=== Begin Enclosure ===

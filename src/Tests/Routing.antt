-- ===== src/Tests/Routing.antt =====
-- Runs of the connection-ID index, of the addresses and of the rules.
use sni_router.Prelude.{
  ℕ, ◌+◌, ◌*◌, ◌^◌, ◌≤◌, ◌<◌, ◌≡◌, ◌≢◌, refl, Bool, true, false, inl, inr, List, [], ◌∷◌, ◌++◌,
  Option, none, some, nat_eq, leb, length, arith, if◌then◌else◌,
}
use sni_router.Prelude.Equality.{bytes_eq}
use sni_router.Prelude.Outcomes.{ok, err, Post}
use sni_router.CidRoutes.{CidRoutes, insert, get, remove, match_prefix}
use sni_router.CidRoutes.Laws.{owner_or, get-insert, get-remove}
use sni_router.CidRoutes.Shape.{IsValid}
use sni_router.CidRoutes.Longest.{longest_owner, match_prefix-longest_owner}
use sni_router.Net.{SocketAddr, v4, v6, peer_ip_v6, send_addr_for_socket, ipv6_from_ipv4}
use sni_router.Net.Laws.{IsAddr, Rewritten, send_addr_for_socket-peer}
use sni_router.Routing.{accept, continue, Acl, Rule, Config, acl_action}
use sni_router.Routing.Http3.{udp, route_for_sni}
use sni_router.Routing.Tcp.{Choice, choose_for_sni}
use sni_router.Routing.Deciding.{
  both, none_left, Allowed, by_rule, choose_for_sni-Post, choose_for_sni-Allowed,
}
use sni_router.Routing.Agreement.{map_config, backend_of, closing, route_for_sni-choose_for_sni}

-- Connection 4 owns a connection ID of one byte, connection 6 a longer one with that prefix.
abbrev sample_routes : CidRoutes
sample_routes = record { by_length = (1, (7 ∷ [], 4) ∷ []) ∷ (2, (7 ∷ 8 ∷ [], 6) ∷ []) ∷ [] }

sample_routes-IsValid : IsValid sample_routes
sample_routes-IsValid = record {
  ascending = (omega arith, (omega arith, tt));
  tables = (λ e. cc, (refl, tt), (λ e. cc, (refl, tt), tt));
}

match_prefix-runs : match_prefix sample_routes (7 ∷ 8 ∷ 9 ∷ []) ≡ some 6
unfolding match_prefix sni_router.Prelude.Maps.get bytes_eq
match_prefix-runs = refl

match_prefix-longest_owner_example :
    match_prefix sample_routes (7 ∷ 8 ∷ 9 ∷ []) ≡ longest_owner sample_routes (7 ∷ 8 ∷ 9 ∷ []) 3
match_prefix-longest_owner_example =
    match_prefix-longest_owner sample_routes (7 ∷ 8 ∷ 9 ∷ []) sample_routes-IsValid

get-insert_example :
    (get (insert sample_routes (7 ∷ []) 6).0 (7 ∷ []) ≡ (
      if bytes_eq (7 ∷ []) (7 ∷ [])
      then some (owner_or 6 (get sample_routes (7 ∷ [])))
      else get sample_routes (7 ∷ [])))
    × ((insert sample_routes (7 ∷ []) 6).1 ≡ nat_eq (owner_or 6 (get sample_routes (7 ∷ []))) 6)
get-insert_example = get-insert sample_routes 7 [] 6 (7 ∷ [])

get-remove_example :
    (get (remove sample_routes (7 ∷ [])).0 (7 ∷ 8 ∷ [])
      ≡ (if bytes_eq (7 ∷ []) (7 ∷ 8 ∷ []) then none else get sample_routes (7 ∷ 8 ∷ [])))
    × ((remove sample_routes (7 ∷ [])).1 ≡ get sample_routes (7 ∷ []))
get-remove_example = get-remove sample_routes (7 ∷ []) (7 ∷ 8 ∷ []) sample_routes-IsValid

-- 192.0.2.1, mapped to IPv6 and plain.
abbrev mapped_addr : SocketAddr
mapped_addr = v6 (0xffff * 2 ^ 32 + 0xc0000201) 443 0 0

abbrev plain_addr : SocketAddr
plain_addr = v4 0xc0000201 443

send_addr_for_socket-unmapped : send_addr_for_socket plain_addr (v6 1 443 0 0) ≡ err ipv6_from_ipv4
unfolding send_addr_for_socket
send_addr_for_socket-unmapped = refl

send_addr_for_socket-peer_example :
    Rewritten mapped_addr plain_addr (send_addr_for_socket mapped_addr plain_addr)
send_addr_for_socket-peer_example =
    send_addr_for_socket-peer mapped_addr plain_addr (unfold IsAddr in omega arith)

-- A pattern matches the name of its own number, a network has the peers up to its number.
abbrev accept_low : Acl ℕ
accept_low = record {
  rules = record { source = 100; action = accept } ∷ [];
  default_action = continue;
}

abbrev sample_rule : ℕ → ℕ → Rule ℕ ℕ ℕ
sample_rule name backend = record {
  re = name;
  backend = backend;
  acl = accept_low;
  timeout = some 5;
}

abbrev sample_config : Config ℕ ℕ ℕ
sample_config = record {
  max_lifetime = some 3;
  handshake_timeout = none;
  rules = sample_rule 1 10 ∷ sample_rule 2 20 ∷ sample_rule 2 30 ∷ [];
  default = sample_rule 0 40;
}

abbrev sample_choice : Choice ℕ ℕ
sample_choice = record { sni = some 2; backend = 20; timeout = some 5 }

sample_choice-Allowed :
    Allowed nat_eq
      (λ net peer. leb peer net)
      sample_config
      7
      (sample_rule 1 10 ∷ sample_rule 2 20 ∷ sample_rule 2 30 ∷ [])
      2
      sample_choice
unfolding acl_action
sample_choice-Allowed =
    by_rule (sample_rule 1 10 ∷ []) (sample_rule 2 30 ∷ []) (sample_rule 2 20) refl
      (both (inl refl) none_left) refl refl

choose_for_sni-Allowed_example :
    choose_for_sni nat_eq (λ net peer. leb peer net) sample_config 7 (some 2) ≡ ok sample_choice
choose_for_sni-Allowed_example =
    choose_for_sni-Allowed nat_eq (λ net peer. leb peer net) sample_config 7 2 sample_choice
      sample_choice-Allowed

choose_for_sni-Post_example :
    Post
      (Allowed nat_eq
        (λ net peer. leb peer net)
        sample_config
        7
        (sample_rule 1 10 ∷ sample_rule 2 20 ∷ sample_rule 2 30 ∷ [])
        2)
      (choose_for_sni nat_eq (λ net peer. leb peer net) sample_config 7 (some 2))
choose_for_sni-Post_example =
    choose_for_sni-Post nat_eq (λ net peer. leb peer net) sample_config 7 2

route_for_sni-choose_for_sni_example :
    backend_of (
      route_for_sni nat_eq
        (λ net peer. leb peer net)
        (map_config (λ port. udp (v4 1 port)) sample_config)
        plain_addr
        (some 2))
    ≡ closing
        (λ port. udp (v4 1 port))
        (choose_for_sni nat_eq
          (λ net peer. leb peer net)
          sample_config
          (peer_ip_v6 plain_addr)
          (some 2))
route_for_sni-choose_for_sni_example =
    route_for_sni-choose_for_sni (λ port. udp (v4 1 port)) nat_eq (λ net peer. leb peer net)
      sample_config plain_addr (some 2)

=== End Enclosure ===
=== Begin Enclosure ===

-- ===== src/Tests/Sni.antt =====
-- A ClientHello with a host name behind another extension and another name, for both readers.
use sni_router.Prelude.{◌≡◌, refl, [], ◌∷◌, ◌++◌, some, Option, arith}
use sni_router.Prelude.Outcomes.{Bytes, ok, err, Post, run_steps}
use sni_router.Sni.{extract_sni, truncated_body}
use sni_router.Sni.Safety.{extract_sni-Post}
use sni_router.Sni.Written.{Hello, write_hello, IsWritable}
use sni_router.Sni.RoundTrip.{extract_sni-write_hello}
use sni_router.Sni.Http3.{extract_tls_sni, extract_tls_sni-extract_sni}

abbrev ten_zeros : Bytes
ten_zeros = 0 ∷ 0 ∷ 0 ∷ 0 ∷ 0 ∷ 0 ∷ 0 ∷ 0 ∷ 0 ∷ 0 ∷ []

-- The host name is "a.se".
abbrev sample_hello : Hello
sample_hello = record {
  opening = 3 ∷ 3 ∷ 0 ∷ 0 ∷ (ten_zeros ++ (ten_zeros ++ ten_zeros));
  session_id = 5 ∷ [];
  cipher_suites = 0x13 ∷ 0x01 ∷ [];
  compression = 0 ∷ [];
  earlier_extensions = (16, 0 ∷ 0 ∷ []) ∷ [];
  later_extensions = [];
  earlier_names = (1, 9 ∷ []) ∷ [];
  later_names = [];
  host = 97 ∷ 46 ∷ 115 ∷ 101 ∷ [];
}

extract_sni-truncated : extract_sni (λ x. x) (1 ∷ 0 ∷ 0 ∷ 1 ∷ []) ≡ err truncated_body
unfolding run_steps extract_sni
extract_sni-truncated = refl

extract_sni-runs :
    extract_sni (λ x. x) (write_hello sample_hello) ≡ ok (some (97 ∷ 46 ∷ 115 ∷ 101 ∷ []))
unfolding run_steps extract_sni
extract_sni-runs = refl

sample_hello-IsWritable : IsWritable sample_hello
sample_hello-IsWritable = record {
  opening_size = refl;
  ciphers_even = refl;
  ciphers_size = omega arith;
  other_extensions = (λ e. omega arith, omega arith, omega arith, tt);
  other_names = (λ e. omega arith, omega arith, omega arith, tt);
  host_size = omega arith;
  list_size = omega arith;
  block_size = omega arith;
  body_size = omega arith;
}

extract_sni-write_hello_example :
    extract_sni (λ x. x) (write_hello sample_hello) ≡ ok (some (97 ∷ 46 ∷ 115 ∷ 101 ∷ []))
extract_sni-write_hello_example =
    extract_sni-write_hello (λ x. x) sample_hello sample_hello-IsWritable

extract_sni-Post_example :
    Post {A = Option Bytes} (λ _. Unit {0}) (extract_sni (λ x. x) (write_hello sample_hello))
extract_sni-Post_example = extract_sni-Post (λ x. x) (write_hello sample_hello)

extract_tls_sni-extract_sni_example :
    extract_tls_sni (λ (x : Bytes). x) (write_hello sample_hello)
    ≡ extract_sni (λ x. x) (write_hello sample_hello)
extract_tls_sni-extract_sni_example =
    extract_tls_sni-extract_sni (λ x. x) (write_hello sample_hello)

=== End Enclosure ===

§ **TASK REQUIREMENTS**
Report every line above that has the string "arith" in it.

§ **SOLUTION**
  Option, none, some, nat_eq, leb, length, arith, if◌then◌else◌,
  ascending = (omega arith, (omega arith, tt));
    send_addr_for_socket-peer mapped_addr plain_addr (unfold IsAddr in omega arith)
use sni_router.Prelude.{◌≡◌, refl, [], ◌∷◌, ◌++◌, some, Option, arith}
  ciphers_size = omega arith;
  other_extensions = (λ e. omega arith, omega arith, omega arith, tt);
  other_names = (λ e. omega arith, omega arith, omega arith, tt);
  host_size = omega arith;
  list_size = omega arith;
  block_size = omega arith;
  body_size = omega arith;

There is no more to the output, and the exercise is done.